Солдат с винтовкой, охранявший нас, ушел. Мы помчались к комиссару, он нас успокоил, сказал, что брал нас он и отвечать будет тоже он. Так закончилась наша эпопея с побегом. Особиста в дивизии звали «Бубновый король» (теперь, когда я переписываю дневник, давно уже знаю, что он расстрелян в 42-м году как немецкий шпион).
Дивизия вступила в бой[6]Первый раз разлучилась с Олюшкой и Ирой. МСБ разбили на несколько эшелонов, чтобы приблизить помощь раненым. Немцы наступают, они все еще во много раз превосходят нас во всем — в людях, танках, артиллерии и самолетах, последние целыми днями висят в воздухе.
Раненые поступают без конца уже несколько дней, а нас с Люсей никто не сменяет — некому.
Все эти дни мы не ели и не спали, разве будешь думать об этом, когда для некоторых ребят секунды решают — жить или не жить. Приказали надеть каски и сверху обтянуть марлей (осколки стали попадать даже на операционный стол).
Первыми нашими ранеными под Москвой были ребята из курсантского полка, образованного из училища им. Верховного Совета РСФСР. Какие это мальчишки! Диву можно даваться. Самолеты шли сотнями, танкам не было конца, а они держались. Израненные, изрешеченные пулями и осколками не покидали поля боя. У некоторых мы насчитывали буквально десятки ран, не хватало места в карточке передового района, чтобы записать все раны. Очень многие подрываются на минах (к сожалению, на наших). Самый первый курсант, которого я приняла, 22-го года рождения из Житомира — Степан Волоптовский с тяжелым ранением в брюшную полость. Шок, перитонит. Когда я развязала повязку, наспех завязанную товарищами после ранения, пришла в ужас — рана была громадной, с выпадением кишечника, на кишках сухие листья. Оперировали больше двух часов, но он умер через два часа после операции.
Я ненавижу старшую операционную сестру К. Трофименко — мальчик умирал, я рыдала, а она, сволочь, в этой же комнате хохотала, не знаю — по какому поводу.
Мы с Люсей уже выходим из строя, нас никто не сменяет, у нас даже нет санитаров.
Сегодня обрабатывала ногу одному из курсантов (он подорвался на мине). Больше половины стопы совсем оторвано, а оставшаяся часть как будто бы рассечена специально, как веер, на множество полосок, и каждая из них дрожит, и все это залито кровью. А он терпит и даже не стонет. Я держала-держала в руках эту ногу и повалилась под стол.
Я больше не могу стоять над столом: только развяжу повязку — и падаю под стол. Но работы хватает и в новом положении. На коленках заполняю карточки передового района, делаю противостолбнячную, проверяю жгуты, повязки, собираю оружие, гранаты, запалы, таскаю на стол, занимаюсь сортировкой. У нас нет сейчас приемо-сортировочного взвода, разбились на несколько эшелонов, и людей не хватает. Врач у нас в перевязочной тоже один, и его некому сменить. Наконец, прибыли наши, и мы сможем несколько часов отдохнуть. Люся ушла раньше, а я шла и спала на ходу. Меня дважды задерживали патрули, отводили в свои штабы, выясняли личность. Наконец, добралась до дома, где были наши вещмешки и где уже, сидя на скамье, спала Люся. Вместе с ней влезли на печку и уснули как убитые, не снимая шинелей, а хотели только согреться.
Бой шел уже за деревню, задерживались потому, что не успели еще всех эвакуировать.
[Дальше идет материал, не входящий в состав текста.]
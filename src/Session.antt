-- ===== src/Session.antt =====
-- driver/src/comport.c and companion.c: the requests that the framework hands to the handlers that
-- GcomComPortCreate and GcomCompanionCreate register, one after the other on one pair.
pub mod Calm
pub mod Tended
pub mod Data
pub mod Told
pub mod Ioctls
pub mod Signals
pub mod Run
use ghostcom.Base.{ℕ, Bool, true, false, ◌&&◌, Option, none, some, List, [], ◌∷◌, ◌++◌}
use ghostcom.Base.{ltb, bit_and, if◌then◌else◌}
use ghostcom.Status.{nt_success}
use ghostcom.Bytes.{get32}
use ghostcom.Wdf.{Wdf, Completion, held}
use ghostcom.Pair.{PortPair}
use ghostcom.Ntddser.{purge_txabort, purge_rxabort}
use ghostcom.Com.{com_evt_read, com_evt_write}
use ghostcom.Com.Lines.{is_set}
use ghostcom.Com.Ioctl.{ComIoctl, mask_set, purge_queues, com_evt_ioctl}
use ghostcom.Companion.{comp_evt_read, comp_evt_write}
use ghostcom.Companion.Signals.{CompIoctl, comp_evt_ioctl}

-- A request, for the handler of its kind; a read or a write with its length.
pub data Event (Request : Type 0) : Type 0 where
  com_read com_write comp_read comp_write : Request → ℕ → Event Request
  com_ioctl : Request → ComIoctl → Event Request
  comp_ioctl : Request → CompIoctl → Event Request

module _ {Request : Type 0} where
  abbrev pub request_of : Event Request → Request
  request_of (com_read request len) = request
  request_of (com_write request len) = request
  request_of (comp_read request len) = request
  request_of (comp_write request len) = request
  request_of (com_ioctl request code) = request
  request_of (comp_ioctl request code) = request

  abbrev pub arrived : List (Event Request) → List Request
  arrived [] = []
  arrived (event ∷ events) = request_of event ∷ arrived events

  -- A read or a write of no bytes does not get to its handler: the queues that are made do not
  -- allow them, and the framework completes them.
  abbrev pub gets_through : Event Request → Bool
  gets_through (com_read request len) = ltb 0 len
  gets_through (com_write request len) = ltb 0 len
  gets_through (comp_read request len) = ltb 0 len
  gets_through (comp_write request len) = ltb 0 len
  gets_through (com_ioctl request code) = true
  gets_through (comp_ioctl request code) = true

  abbrev pub all_get_through : List (Event Request) → Bool
  all_get_through [] = true
  all_get_through (event ∷ events) = gets_through event && all_get_through events

module _ (wdf : Wdf) where
  open wdf use {Request, Queue, input_buffer}

  -- What the queues that IOCTL_SERIAL_PURGE aborts hold.
  abbrev pub aborted_by : PortPair Queue → ℕ → List Request
  aborted_by pp flags =
      (if is_set (bit_and flags purge_txabort) then held wdf pp.com_write_queue else [])
      ++ (if is_set (bit_and flags purge_rxabort) then held wdf pp.com_read_queue else [])

  -- What the purges of an IOCTL cancel, if it gets to them.
  abbrev pub cancelled_by : PortPair Queue → Request → ComIoctl → List Request
  cancelled_by pp request mask_set =
      if nt_success (input_buffer request 4).0 then held wdf pp.wait_mask_queue else []
  cancelled_by pp request purge_queues =
      if nt_success (input_buffer request 4).0
      then aborted_by pp (get32 (input_buffer request 4).1 0)
      else []
  cancelled_by pp request _ = []

  -- The requests that the framework cancels since a handler purges their queue.
  abbrev pub cancelled : PortPair Queue → Event Request → List Request
  cancelled pp (com_ioctl request code) = if pp.active then cancelled_by pp request code else []
  cancelled pp _ = []

module _ (wdf : Wdf) (comm_prop : List ℕ) where
  open wdf use {Request, Queue}

  -- The handler that is registered for a request.
  unfoldable pub serve :
      PortPair Queue → Event Request → Option (PortPair Queue × List (Completion Request))
  serve pp (com_read request len) = com_evt_read wdf pp request len
  serve pp (com_write request len) = com_evt_write wdf pp request len
  serve pp (comp_read request len) = comp_evt_read wdf pp request len
  serve pp (comp_write request len) = comp_evt_write wdf pp request len
  serve pp (com_ioctl request code) = com_evt_ioctl wdf comm_prop pp request code
  serve pp (comp_ioctl request code) = comp_evt_ioctl wdf pp request code

  abbrev pub Served : Type 0
  Served = PortPair Queue × List (Completion Request) × List Request

  -- One request after the other, with what is completed and what is cancelled. `none`: a NULL handle
  -- was used.
  abbrev pub and_then : List (Completion Request) → List Request → Option Served → Option Served
  and_then done gone none = none
  and_then done gone (some (pp, done', gone')) = some (pp, done ++ done', gone ++ gone')

  unfoldable pub run : PortPair Queue → List (Event Request) → Option Served
  run pp [] = some (pp, [], [])
  run pp (event ∷ events) = elim (serve pp event) [
    | none ↦ none
    | some (pp', done) ↦ and_then done (cancelled wdf pp event) (run pp' events)
  ]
Как сумасшедший бегал дежурный по части по всей деревне — комбат приказал найти Дробкову и Карпову немедленно. Прошло уже сорок минут, уезжают последние машины батальона, дежурный за ноги стащил нас с печки. Вытянувшись, стояли мы перед комбатом, размахивающим пистолетом перед нашими носами, так толком и не поняв, чего от нас хотели. Мы забились в последнюю машину, груженную какими-то ящиками. Слышна автоматная стрельба, бьют по дороге.
В Болдино комбат вызвал к себе Дробкову и Карпову. Предчувствуя что-то недоброе, мы вошли и козырнули — он был не один. «Товарищ начкомдив, разрешите обратиться к командиру батальона». Комбат улыбался, значит, он забыл про вчерашнее, и краснеть не придется. «Садись, Лена, — просто сказал комбат, — обижаешься? Я вызвал тебя, чтобы от имени командования батальона объявить тебе благодарность. Молодцы, так будете работать, с орденами домой поедете (рад, что не похожа на Шашкину-Машкину)».